Personal Wealth Management / Market Analysis
A Historical Look at Inflation’s Impact on Market Returns
Is inflation really as bad for future market returns as some folks fear?
While most focus recently flipped to trade, tariffs and Trump, Treasury yields still garner a lot of attention. Yields have climbed this year, coinciding with worries of higher inflation. After all, inflation expectations play a big role in bond yields, so some experts think fixed income investors are anticipating higher prices to come. An offshoot to this forecast: the fear higher inflation will also end up weighing on future stock market returns. All the hand-wringing seems off, in our view. For one, short-term bond market volatility doesn’t mean yields are destined to keep rising and stay higher. Plus, history shows higher inflation doesn’t crimp stocks—they can do fine in high inflation and low inflation environments alike.
After the BLS released January CPI—which included the fastest month-on-month rise in five months—experts started debating if and when higher inflation would start hurting equity markets. Questions ranged from what will happen if Treasury yields breach 3% to whether stock investors will jump to the “safer” returns of fixed income. Philosophically, we have qualms with these worries. Despite Treasury yields’ recent uptick, we don’t see interest rates jumping higher and staying there this year. While inflation expectations do influence yields—if investors anticipate higher inflation to come, they will demand a higher premium to account for the hit to their purchasing power—inflation still looks benign for the foreseeable future. For one, inflation is still overall low even after the pickup in Treasury yields. The Fed has hiked short rates five times since December 2015, and while forecasting future hikes is a speculative endeavor, rate hikes are anti-inflationary. They tend to give investors the perception the Fed has contained inflation risks—thus limiting premium demand.
Plus, the Fed’s hiking short rates alongside benign long rates leads to a narrower spread between the two. The result: a flatter yield curve, which dampens banks’ eagerness to lend. This weighs on money supply growth, and if there isn’t as much money chasing a limited number of goods and services, inflation generally stays benign. As for the fear investors will leave stocks for slightly higher bond yields? This is a rerun of the “Great Rotation” myth—the notion bond investors pursued stocks in the search of higher yield. However, this fallacy assumes leaving an asset class for another hurts the one being sold. But remember: For every seller, there is a buyer (and vice versa), so money going in and out between different asset classes effectively cancels. Moreover, fund flows mostly contradicted the notion that some Great Rotation ever happened.

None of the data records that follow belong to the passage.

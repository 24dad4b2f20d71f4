-- ===== src/Infra/Kilo/Ends.antt =====
-- That `monitorSession` of daemon/src/infra/kilo-client.ts comes to an end, and when.
use repomap_core.Prelude.{
  ℕ, zero, suc, ◌+◌, ◌-◌, ◌*◌, ◌≤◌, ◌<◌, ◌≡◌, ◌⊎◌, inl, inr, refl, arith, String, true, List, ltb,
  ltb→lt, leb, length, if-cases, if-either,
}
use repomap_core.Infra.Kilo.{
  Server, ChildSession, Checked, all_done, still_running, unreadable, DoneStatus, done, not_done,
  unclear, fetch_children,
}
use repomap_core.Infra.Kilo.Rounds.{
  MonitorConfig, Monitoring, Outcome, ended, threw, out_of_fuel, Round, stop, again, confirm,
  after_check, verify, idle, on_status, round, follow, watch, initial, monitor_session,
}

module _ (c : MonitorConfig) where
  -- The call ended in time, or an answer could not be read: it completed, or waited for as long as it
  -- may, and in both cases the wait is less than two poll intervals over the limit.
  abbrev pub EndsInTime : Outcome → Type 0
  EndsInTime (ended r asked) =
      (r.elapsed < c.max_wait + 2 * c.poll_interval)
      × ((r.completed ≡ true) ⊎ (c.max_wait ≤ r.elapsed))
  EndsInTime threw = Unit
  EndsInTime out_of_fuel = ⊥

  -- a round ends the call in time, or takes at least one poll interval
  abbrev Advances : ℕ → Round → Type 0
  Advances elapsed (stop o) = EndsInTime o
  Advances elapsed (again s) =
      (elapsed + c.poll_interval ≤ s.elapsed) × (s.elapsed < c.max_wait + 2 * c.poll_interval)

  module _ (waits : 0 < c.poll_interval) (elapsed : ℕ) (early : elapsed < c.max_wait) where
    confirm-Advances :
        (s : Monitoring) → s.elapsed ≡ elapsed + c.poll_interval → Advances elapsed (confirm c s)
    unfolding confirm
    confirm-Advances s e =
        if-cases (Advances elapsed) (leb c.max_wait (s.elapsed + c.poll_interval)) _ _
          (λ late. (omega arith, inr (ground arith))) (λ on_time. (omega arith, omega arith))

    after_check-Advances :
        (s : Monitoring) (r : Checked)
        → s.elapsed ≡ elapsed + c.poll_interval
        → Advances elapsed (after_check s r)
    unfolding after_check
    after_check-Advances s (all_done asked) e = (omega arith, inl refl)
    after_check-Advances s (still_running asked) e = omega arith
    after_check-Advances s unreadable e = tt

    verify-Advances :
        (server : Server) (children : List ChildSession) (s : Monitoring)
        → s.elapsed ≡ elapsed + c.poll_interval
        → Advances elapsed (verify server children s)
    unfolding verify
    verify-Advances server children s e =
        if-either (Advances elapsed) (ltb 0 (length children)) _ _ (after_check-Advances s _ e)
          (after_check-Advances s (all_done s.asked) e)

    on_status-Advances :
        (server : Server) (children : List ChildSession) (s : Monitoring) (status : DoneStatus)
        → s.elapsed ≡ elapsed + c.poll_interval
        → Advances elapsed (on_status server c children s status)
    unfolding on_status
    on_status-Advances server children s done e =
        if-either (Advances elapsed) (ltb (s.idle_count + 1) c.idle_confirm) _ _
          (confirm-Advances (idle s) e) (verify-Advances server children (idle s) e)
    on_status-Advances server children s not_done e = omega arith
    on_status-Advances server children s unclear e = omega arith

  module _ (server : Server) (id : String) (waits : 0 < c.poll_interval) where
    round-Advances :
        (s : Monitoring) → s.elapsed < c.max_wait → Advances s.elapsed (round server c id s)
    unfolding round
    round-Advances s early =
        on_status-Advances waits s.elapsed early server
          (fetch_children (server.children s.asked id)) _ _ refl

    follow-EndsInTime :
        (elapsed : ℕ) (r : Round) (k : Monitoring → Outcome)
        → Advances elapsed r
        → ((s : Monitoring) → Advances elapsed (again s) → EndsInTime (k s))
        → EndsInTime (follow r k)
    follow-EndsInTime elapsed (stop o) k h rest = h
    follow-EndsInTime elapsed (again s) k h rest = rest s h

    watch-EndsInTime :
        (fuel : ℕ) (s : Monitoring)
        → s.elapsed < c.max_wait + 2 * c.poll_interval
        → c.max_wait - s.elapsed ≤ fuel
        → EndsInTime (watch fuel server c id s)
    unfolding watch
    watch-EndsInTime zero s low enough =
        if-cases EndsInTime (ltb s.elapsed c.max_wait) _ _
          (λ early. absurd (omega (arith, ltb→lt _ _ early))) (λ late. (low, inr (ground arith)))
    watch-EndsInTime (suc fuel) s low enough =
        if-cases EndsInTime (ltb s.elapsed c.max_wait) _ _
          (λ early.
            follow-EndsInTime s.elapsed (round server c id s) _
              (round-Advances s (ltb→lt _ _ early))
              (λ s' h. watch-EndsInTime fuel s' h.1 (omega arith)))
          (λ late. (low, inr (ground arith)))

    -- Where the poll interval is positive, the monitoring of a session always comes to an end, whatever
    -- the server answers: with the session completed, with the time used up, or with an exception on
    -- an answer that cannot be read; a result comes less than two poll intervals after the limit.
    pub monitor_session-EndsInTime : (asked : ℕ) → EndsInTime (monitor_session server c id asked)
    unfolding monitor_session
    monitor_session-EndsInTime asked =
        watch-EndsInTime c.max_wait (initial asked) (omega arith) (omega arith)
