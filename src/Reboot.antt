-- ===== src/Reboot.antt =====
-- reboot.go: the entries of the reboot queue. A status is one of the four constants.
pub mod BackOff
pub mod Decide
pub mod Dedup
pub mod Commands
use cke.Prelude.{
  ℕ, String, Bool, true, false, not, List, [], ◌∷◌, any, count_if, keep_if, if◌then◌else◌, str_eq,
  Option, none, some, ◌&&◌, ◌||◌, map,
}
use cke.Cluster.{Node, Cluster, Time, nodename}

pub data RebootStatus : Type 0 where
  queued draining rebooting cancelled : RebootStatus

pub record RebootQueueEntry : Type 0 where
  pub index : ℕ
  pub node : String
  pub status : RebootStatus
  pub last_transition_time : Time
  pub drain_backoff_count : ℕ
  pub drain_backoff_expire : Time

abbrev pub reboot_statuses : List RebootStatus
reboot_statuses = queued ∷ draining ∷ rebooting ∷ cancelled ∷ []

-- The comparison of two statuses, which are strings in the source.
abbrev pub status_eq : RebootStatus → RebootStatus → Bool
status_eq queued queued = true
status_eq draining draining = true
status_eq rebooting rebooting = true
status_eq cancelled cancelled = true
status_eq _ _ = false

-- NewRebootQueueEntry, with the zero values of Go in the other fields.
unfoldable pub new_reboot_queue_entry : String → RebootQueueEntry
new_reboot_queue_entry node = record {
  index = 0;
  node = node;
  status = queued;
  last_transition_time = 0;
  drain_backoff_count = 0;
  drain_backoff_expire = 0;
}

unfoldable pub cluster_member : Cluster → RebootQueueEntry → Bool
cluster_member c entry = any (λ n. str_eq entry.node n.address) c.nodes

-- The loop of DedupRebootQueueEntries: `nodes` is the set of the nodes met so far.
unfoldable pub dedup_from : List String → List RebootQueueEntry → List RebootQueueEntry
dedup_from nodes [] = []
dedup_from nodes (entry ∷ entries) =
    let skipped = dedup_from nodes entries in
    let kept = entry ∷ dedup_from (entry.node ∷ nodes) entries in
    if any (str_eq entry.node) nodes then skipped else kept

unfoldable pub dedup_reboot_queue_entries : List RebootQueueEntry → List RebootQueueEntry
unfolding dedup_from
dedup_reboot_queue_entries entries = dedup_from [] entries

-- CountRebootQueueEntries: the map has a key for each of the four statuses.
unfoldable pub count_reboot_queue_entries : List RebootQueueEntry → RebootStatus → ℕ
count_reboot_queue_entries entries status = count_if (λ e. status_eq e.status status) entries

Besides these fundamental issues, history shows the rate of inflation doesn’t impede stock returns. Exhibits 1 and 2 present the median forward 12-month return and median trailing 12-month return for stocks, gold, government bonds and corporate bonds when CPI was growing or contracting at four different annual rates: under 0%, from 0% to 3%, from 3% to 6% and greater than 6%. We started our timeframe in November 1973, around the time the US exited the gold standard and the precious metal started trading freely.
Exhibit 1: Median Forward 12-Month Returns
Source: FactSet and Global Financial Data, as of 2/27/2018. Bloomberg Barclays US Aggregate Government – Treasury Total Return Index, Bloomberg Barclays US Aggregate Credit – Corporate – Investment Grade Total Return Index, Gold London PM Fixing ($/ozt) price in USD, and S&P 500 Total Return Index. All returns monthly, November 1973 – January 2018.
Exhibit 2: Median Trailing 12-Month Returns
Source: FactSet and Global Financial Data, as of 2/27/2018. Bloomberg Barclays US Aggregate Government – Treasury Total Return Index, Bloomberg Barclays US Aggregate Credit – Corporate – Investment Grade Total Return Index, Gold London PM Fixing ($/ozt) price in USD, and S&P 500 Total Return Index. All returns monthly, November 1973 – January 2018.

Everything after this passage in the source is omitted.